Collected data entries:
___
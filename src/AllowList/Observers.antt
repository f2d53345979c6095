-- ===== src/AllowList/Observers.antt =====
-- An observer is never somebody the bridge messages.
use aqua_matrix_connector.Common.{
  some, none, List, ◌≡◌, false, arith, All, any, ◌∷◌, [], subst, ap, Option-cases, Option, ◌⊎◌, inr,
  inl, ◌++◌, refl, All-append, Bool, Bool-cases, ◌||◌, sym, All-mono, find, ◌∙◌, find-none_of_any,
}
use aqua_matrix_connector.AllowList.Parse.{
  ok, err, no_array, rows, Others, check_observer, check_observers, is_person, Row, Result,
  parse_observers, parse_with, RawObservers, AllowListFile, people_and_rooms, check_fixed,
  ParseFailure, observer_failure, file_failure,
}
use aqua_matrix_connector.AllowList.{Observer, Recipient, Parsed}
use aqua_matrix_connector.Common.Text.{eq_ignore_ascii_case, text_eq, Text}
use aqua_matrix_connector.AllowList.Reload.{
  merged, Reading, AllowList, reads, is_empty_list, unreadable, not_found, unloaded,
}
use aqua_matrix_connector.AllowList.Policy.{
  judged_parsed, judged, in_force, Follows, Ask, reloads, taken, lists-Follows,
}
use aqua_matrix_connector.AllowList.Targets.{by_mxid}

-- What an accepted observer does not collide with.
abbrev pub IsApart : Others → Observer → Type 0
IsApart k o =
    (is_person k o.mxid ≡ false)
    × (any (λ r. eq_ignore_ascii_case r o.mxid) k.reserved ≡ false)
    × (any (λ r. text_eq r.room_id o.room_id) k.rooms ≡ false)

check_observer-IsApart :
    (k : Others) (out : List Observer) (o x : Observer)
    → check_observer k out o ≡ ok x
    → IsApart k x
unfolding check_observer
check_observer-IsApart k out o x h = ground (arith, h)

pub Result-cases :
    {E A : Type 0} (r : Result E A) → ((e : E) × (r ≡ err e)) ⊎ ((x : A) × (r ≡ ok x))
Result-cases (ok x) = inr (x, refl)
Result-cases (err e) = inl (e, refl)

pub ok_injective : {E A : Type 0} (x y : A) → ◌≡◌ {A = Result E A} (ok x) (ok y) → x ≡ y
ok_injective {A = A} x y h = ap (λ r. elim r [ ok z ↦ z | err e ↦ x ]) h

err_not_ok : {E A : Type 0} {P : Type 0} (e : E) (x : A) → ◌≡◌ {A = Result E A} (err e) (ok x) → P
err_not_ok e x h = ground (arith, h)

check_observers-IsApart :
    (k : Others) (out : List Observer) (more : List Row) (os : List Observer)
    → check_observers k out more ≡ ok os
    → All (IsApart k) out
    → All (IsApart k) os
unfolding check_observers
check_observers-IsApart k out [] os h a = subst (All (IsApart k)) (ok_injective out os h) a
check_observers-IsApart k out (row ∷ more) os h a = elim (Option-cases row.typed) [
  | inl untyped ↦ ground (arith, h, untyped)
  | inr (o, typed) ↦ elim (Result-cases (check_observer k out o)) [
    | inl (e, bad) ↦ ground (arith, h, typed, bad)
    | inr (x, good) ↦
        check_observers-IsApart k (out ++ x ∷ []) more os (ground (arith, h, typed, good))
          (All-append (IsApart k) out (x ∷ []) a (check_observer-IsApart k out o x good, tt))
  ]
]

abbrev pub others : List Recipient → List Text → Parsed → Others
others fixed reserved p = record {
  recipients = p.recipients;
  rooms = p.rooms;
  fixed = fixed;
  reserved = reserved;
}

parse_observers-IsApart :
    (raw : Option RawObservers) (k : Others) (os : List Observer)
    → parse_observers raw k ≡ ok os
    → All (IsApart k) os
unfolding parse_observers
parse_observers-IsApart none k os h = subst (All (IsApart k)) (ok_injective [] os h) tt
parse_observers-IsApart (some no_array) k os h = ground (arith, h)
parse_observers-IsApart (some (rows more)) k os h = check_observers-IsApart k [] more os h tt

pub parse_with-IsApart :
    (file : Option AllowListFile) (fixed : List Recipient) (reserved : List Text) (p : Parsed)
    → parse_with file fixed reserved ≡ ok p
    → All (IsApart (others fixed reserved p)) p.observers
unfolding parse_with
parse_with-IsApart none fixed reserved p h = ground (arith, h)
parse_with-IsApart (some file) fixed reserved p h =
    elim (Result-cases (people_and_rooms file.recipients file.rooms)) [
      | inl (e, bad) ↦ ground (arith, h, bad)
      | inr (lists, good) ↦ elim (Option-cases (check_fixed fixed lists.0 lists.1)) [
        | inr (e, bad) ↦ ground (arith, h, good, bad)
        | inl free ↦
            let k : Others = record {
              recipients = lists.0;
              rooms = lists.1;
              fixed = fixed;
              reserved = reserved;
            } in
            elim (Result-cases (parse_observers file.observers k)) [
              | inl (e, bad) ↦ ground (arith, h, good, free, bad)
              | inr (os, fine) ↦
                  let q : Parsed = record {
                    recipients = lists.0;
                    rooms = lists.1;
                    observers = os;
                  } in
                  let same : q ≡ p = ground (arith, h, good, free, fine) in
                  subst (λ q. All (IsApart (others fixed reserved q)) q.observers) same
                    (parse_observers-IsApart file.observers k os fine)
            ]
      ]
    ]

any-append :
    {A : Type 0} (p : A → Bool) (xs ys : List A) → any p (xs ++ ys) ≡ (any p xs || any p ys)
any-append p [] ys = refl
any-append p (x ∷ xs) ys = ground (arith, any-append p xs ys)

-- Merging adds nobody that neither side has.
any-merged :
    (p : Recipient → Bool) (known es : List Recipient)
    → any p known ≡ false
    → any p es ≡ false
    → any p (merged known es) ≡ false
unfolding merged
any-merged p known [] h k = h
any-merged p known (e ∷ es) h k =
    elim (Bool-cases (any (λ r. eq_ignore_ascii_case r.mxid e.mxid) known)) [
      | inl listed ↦ rw listed (any-merged p known es h (ground (arith, k)))
      | inr fresh ↦ rw fresh (
          any-merged p (known ++ e ∷ []) es (ground (arith, h, k, any-append p known (e ∷ [])))
            (ground (arith, k)))
    ]

abbrev AllApart : List Recipient → List Text → Option Parsed → Type 0
AllApart fixed reserved none = Unit
AllApart fixed reserved (some p) = All (IsApart (others fixed reserved p)) p.observers

parsed-AllApart :
    (fixed : List Recipient) (reserved : List Text) (now : Option Parsed)
    (r : Result ParseFailure Parsed)
    → ((p : Parsed) → r ≡ ok p → AllApart fixed reserved (some p))
    → AllApart fixed reserved now
    → AllApart fixed reserved (judged_parsed now r)
parsed-AllApart fixed reserved now (ok p) h a = h p refl
parsed-AllApart fixed reserved now (err (observer_failure e)) h a = a
parsed-AllApart fixed reserved now (err (file_failure e)) h a = tt

judged-AllApart :
    (fixed : List Recipient) (reserved : List Text) (now : Option Parsed) (r : Reading)
    → AllApart fixed reserved now
    → AllApart fixed reserved (judged fixed reserved now r)
judged-AllApart fixed reserved now unreadable a = tt
judged-AllApart fixed reserved now (reads file) a =
    parsed-AllApart fixed reserved now (parse_with file fixed reserved)
      (parse_with-IsApart file fixed reserved) a
judged-AllApart fixed reserved now not_found a = elim (Bool-cases (is_empty_list fixed)) [
  | inl nobody ↦ rw nobody tt
  | inr somebody ↦ rw somebody tt
]

in_force-AllApart :
    (fixed : List Recipient) (reserved : List Text) (rs : List Reading) (now : Option Parsed)
    → AllApart fixed reserved now
    → AllApart fixed reserved (in_force fixed reserved now rs)
in_force-AllApart fixed reserved [] now a = a
in_force-AllApart fixed reserved (r ∷ rs) now a =
    in_force-AllApart fixed reserved rs (judged fixed reserved now r)
      (judged-AllApart fixed reserved now r a)

-- An observer cannot be reached as a person, is no account of the bridge, and sits in no listed room.
pub record IsBystander (a : AllowList) (o : Observer) : Type 0 where
  pub no_recipient : by_mxid a o.mxid ≡ none
  pub no_own_account : any (λ r. eq_ignore_ascii_case r o.mxid) a.reserved ≡ false
  pub no_listed_room : any (λ r. text_eq r.room_id o.room_id) a.rooms ≡ false

or_false : (a b : Bool) → (a || b) ≡ false → (a ≡ false) × (b ≡ false)
or_false a b h = (ground (arith, h), ground (arith, h))

person_parts :
    (fixed : List Recipient) (reserved : List Text) (p : Parsed) (mxid : Text)
    → is_person (others fixed reserved p) mxid ≡ false
    → (any (λ r. eq_ignore_ascii_case r.mxid mxid) p.recipients
        || any (λ r. eq_ignore_ascii_case r.mxid mxid) fixed)
      ≡ false
unfolding is_person
person_parts fixed reserved p mxid h =
    sym (any-append (λ r. eq_ignore_ascii_case r.mxid mxid) p.recipients fixed) ∙ h

by_mxid-none :
    (a : AllowList) (mxid : Text) (people : List Recipient)
    → a.recipients ≡ people
    → any (λ r. eq_ignore_ascii_case r.mxid mxid) people ≡ false
    → by_mxid a mxid ≡ none
unfolding by_mxid
by_mxid-none a mxid people e h =
    ap (find λ r. eq_ignore_ascii_case r.mxid mxid) e
    ∙ find-none_of_any (λ r. eq_ignore_ascii_case r.mxid mxid) people h

bystanders :
    (fixed : List Recipient) (reserved : List Text) (a : AllowList) (now : Option Parsed)
    → Follows fixed reserved a now
    → AllApart fixed reserved now
    → All (IsBystander a) a.observers
bystanders fixed reserved a none f apart = rw f.observing tt
bystanders fixed reserved a (some p) f apart =
    subst (All (IsBystander a)) (sym f.observing) (All-mono one p.observers apart)
  where
    one : (o : Observer) → IsApart (others fixed reserved p) o → IsBystander a o
    one o x =
        let matches : Recipient → Bool = λ r. eq_ignore_ascii_case r.mxid o.mxid in
        let neither =
          or_false (any matches p.recipients) (any matches fixed)
            (person_parts fixed reserved p o.mxid x.0) in
        let nobody : any matches (merged fixed p.recipients) ≡ false =
          any-merged matches fixed p.recipients neither.1 neither.0 in
        record {
          no_recipient = by_mxid-none a o.mxid (merged fixed p.recipients) f.people nobody;
          no_own_account =
              subst (λ q. any (λ r. eq_ignore_ascii_case r o.mxid) q ≡ false) (sym f.same_reserved)
                x.1;
          no_listed_room =
              subst (λ q. any (λ r. text_eq r.room_id o.room_id) q ≡ false) (sym f.listed) x.2;
        }

-- Whatever files come and go at the path: every observer in force is an account that no recipient
-- has, so it resolves to nobody as a sender; it is none of the bridge's own accounts; and its room is
-- not a listed one.
pub observers_stay_apart :
    (path : Option Text) (fixed : List Recipient) (reserved : List Text) (label approver : Text)
    (asks : List Ask)
    → let a = reloads (record (unloaded path fixed label approver) { reserved = reserved }) asks in
      All (IsBystander a) a.observers
observers_stay_apart path fixed reserved label approver asks =
    let start : AllowList = record (unloaded path fixed label approver) { reserved = reserved } in
    bystanders fixed reserved (reloads start asks) (in_force fixed reserved none (taken start asks))
      (lists-Follows path fixed reserved label approver asks)
      (in_force-AllApart fixed reserved (taken start asks) none tt)
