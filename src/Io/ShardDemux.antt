-- ===== src/Io/ShardDemux.antt =====
-- io/shard_demux.hpp and shard_demux.cpp: the shards, the routing table, and `demux`, which puts a
-- message on the queue of its shard. `none` is undefined behaviour: an index out of range. The readings
-- of the clock are arguments. Calls are taken one after the other, as `order_route_mutex_` orders what
-- they do to the routing table.
pub mod Routing
pub mod Dispatch
pub mod Stranded
use low_latency_market_data.Common.{
  ℕ, zero, suc, ◌+◌, ◌%◌, List, [], ◌∷◌, ◌++◌, Option, none, some, Bool, true, false, Expected, ok,
  err, ◌>>=◌, is_some, not, if◌then◌else◌, length, get_elem?, set, replicate, ltb, ◌==◌, ◌||◌,
}
use low_latency_market_data.Common.Maps
use low_latency_market_data.Common.Maps.{nat_eq, list_eq}
use low_latency_market_data.Protocol.Messages.{
  Symbol, AddOrder, CancelOrder, ExecuteOrder, ReplaceOrder, DecodedMessage, add, cancel, execute,
  replace, hash_symbol,
}
use low_latency_market_data.Protocol.Decoder.{decode}
use low_latency_market_data.Orderbook.Types.{ApplyError, ApplyResult, LevelDelta, no_delta}
use low_latency_market_data.Orderbook.Book.{Book, empty_book, apply, has_order}
use low_latency_market_data.Concurrency.Queue
use low_latency_market_data.Concurrency.Queue.{Queue, empty_queue}
use low_latency_market_data.Concurrency.GapDetector.{GapDetector, new_detector, observe}
use low_latency_market_data.Concurrency.LatencyTrace.{LatencyTrace, no_trace}
use low_latency_market_data.Publisher.BookDelta.{BookDelta, delta_queue_capacity}

pub data DemuxError : Type 0 where
  decode_failed unroutable_order_id : DemuxError

-- `kMaxShards`
abbrev pub max_shards : ℕ
max_shards = 16

-- `kShardQueueCapacity`
abbrev pub shard_queue_capacity : ℕ
shard_queue_capacity = 4096

pub record QueuedMessage : Type 0 where
  pub symbol : Symbol
  pub message : DecodedMessage
  pub trace : LatencyTrace

pub record Shard : Type 0 where
  pub queue : Queue QueuedMessage
  pub gap_detector : GapDetector
  pub books : List (Symbol × Book)
  pub output_queue : Queue BookDelta

pub record OrderRoute : Type 0 where
  pub shard_index : ℕ
  pub symbol : Symbol

abbrev pub Routes : Type 0
Routes = List (ℕ × OrderRoute)

pub record Pipeline : Type 0 where
  pub shards : List Shard
  pub order_route : Routes

-- The index of the shard, where there are shards.
pub shard_for_symbol : Symbol → ℕ → ℕ
shard_for_symbol symbol num_shards = hash_symbol symbol % num_shards

-- `shard_for_symbol` for any number of shards: `none` is the division by zero. A pipeline has shards, so
-- `demux` needs only the one above.
unfoldable pub checked_shard : Symbol → ℕ → Option ℕ
checked_shard symbol num_shards =
    if num_shards == 0 then none else some (shard_for_symbol symbol num_shards)

abbrev pub new_shard : Shard
new_shard = record {
  queue = empty_queue;
  gap_detector = new_detector;
  books = [];
  output_queue = empty_queue;
}

-- The constructor; `none` is the exception std::invalid_argument.
unfoldable pub new_pipeline : ℕ → Option Pipeline
new_pipeline num_shards =
    if num_shards == 0 || ltb max_shards num_shards
    then none
    else some (record { shards = replicate num_shards new_shard; order_route = [] })

-- The part of `demux` under the lock, by the type of the message: the route of the message, and the
-- routing table after it.
pub route_found : Option OrderRoute → Routes → Expected DemuxError OrderRoute × Routes
route_found none routes = (err unroutable_order_id, routes)
route_found (some r) routes = (ok r, routes)

pub replace_found :
    ReplaceOrder → Option OrderRoute → Routes → Expected DemuxError OrderRoute × Routes
replace_found m none routes = (err unroutable_order_id, routes)
replace_found m (some r) routes =
    (ok r, Maps.assign m.new_order_id r (Maps.erase m.old_order_id routes))

pub cancel_found :
    CancelOrder → Option OrderRoute → Routes → Expected DemuxError OrderRoute × Routes
cancel_found m none routes = (err unroutable_order_id, routes)
cancel_found m (some r) routes = (ok r, Maps.erase m.order_id routes)

unfoldable pub route : ℕ → Routes → DecodedMessage → Expected DemuxError OrderRoute × Routes
route n routes (add m) =
    let r : OrderRoute = record { shard_index = shard_for_symbol m.symbol n; symbol = m.symbol } in
    (ok r, Maps.assign m.order_id r routes)
route n routes (replace m) = replace_found m (Maps.lookup m.old_order_id routes) routes
route n routes (cancel m) = cancel_found m (Maps.lookup m.order_id routes) routes
route n routes (execute m) = route_found (Maps.lookup m.order_id routes) routes

abbrev pub enqueue : QueuedMessage → Shard → Shard
enqueue qm s = record s { queue = Queue.push shard_queue_capacity qm s.queue }

-- The rest of `demux`.
pub deliver :
    Pipeline
    → DecodedMessage
    → LatencyTrace
    → Expected DemuxError OrderRoute × Routes
    → Option (Expected DemuxError ℕ × Pipeline)
deliver p m trace (err e, routes) = some (err e, record p { order_route = routes })
deliver p m trace (ok r, routes) = do
  s ← get_elem? p.shards r.shard_index
  let qm : QueuedMessage = record { symbol = r.symbol; message = m; trace = trace }
  some (
    ok r.shard_index,
    record { shards = set p.shards r.shard_index (enqueue qm s); order_route = routes },
  )

-- `t_decoded` and `t_demuxed` are the two readings of the clock that `demux` takes.
unfoldable pub demux : Pipeline → List ℕ → ℕ → ℕ → ℕ → Option (Expected DemuxError ℕ × Pipeline)
demux p raw t_received t_decoded t_demuxed = do
  decoded ← decode raw
  elim decoded [
    | err e ↦ some (err decode_failed, p)
    | ok m ↦
        deliver p m
          (record no_trace {
            t_received = t_received;
            t_decoded = t_decoded;
            t_demuxed = t_demuxed;
          })
          (route (length p.shards) p.order_route m)
  ]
___
→ Work to be completed
Only the number should be given: how many lines in the entries above contain the string "matches"?

→ Answer below
4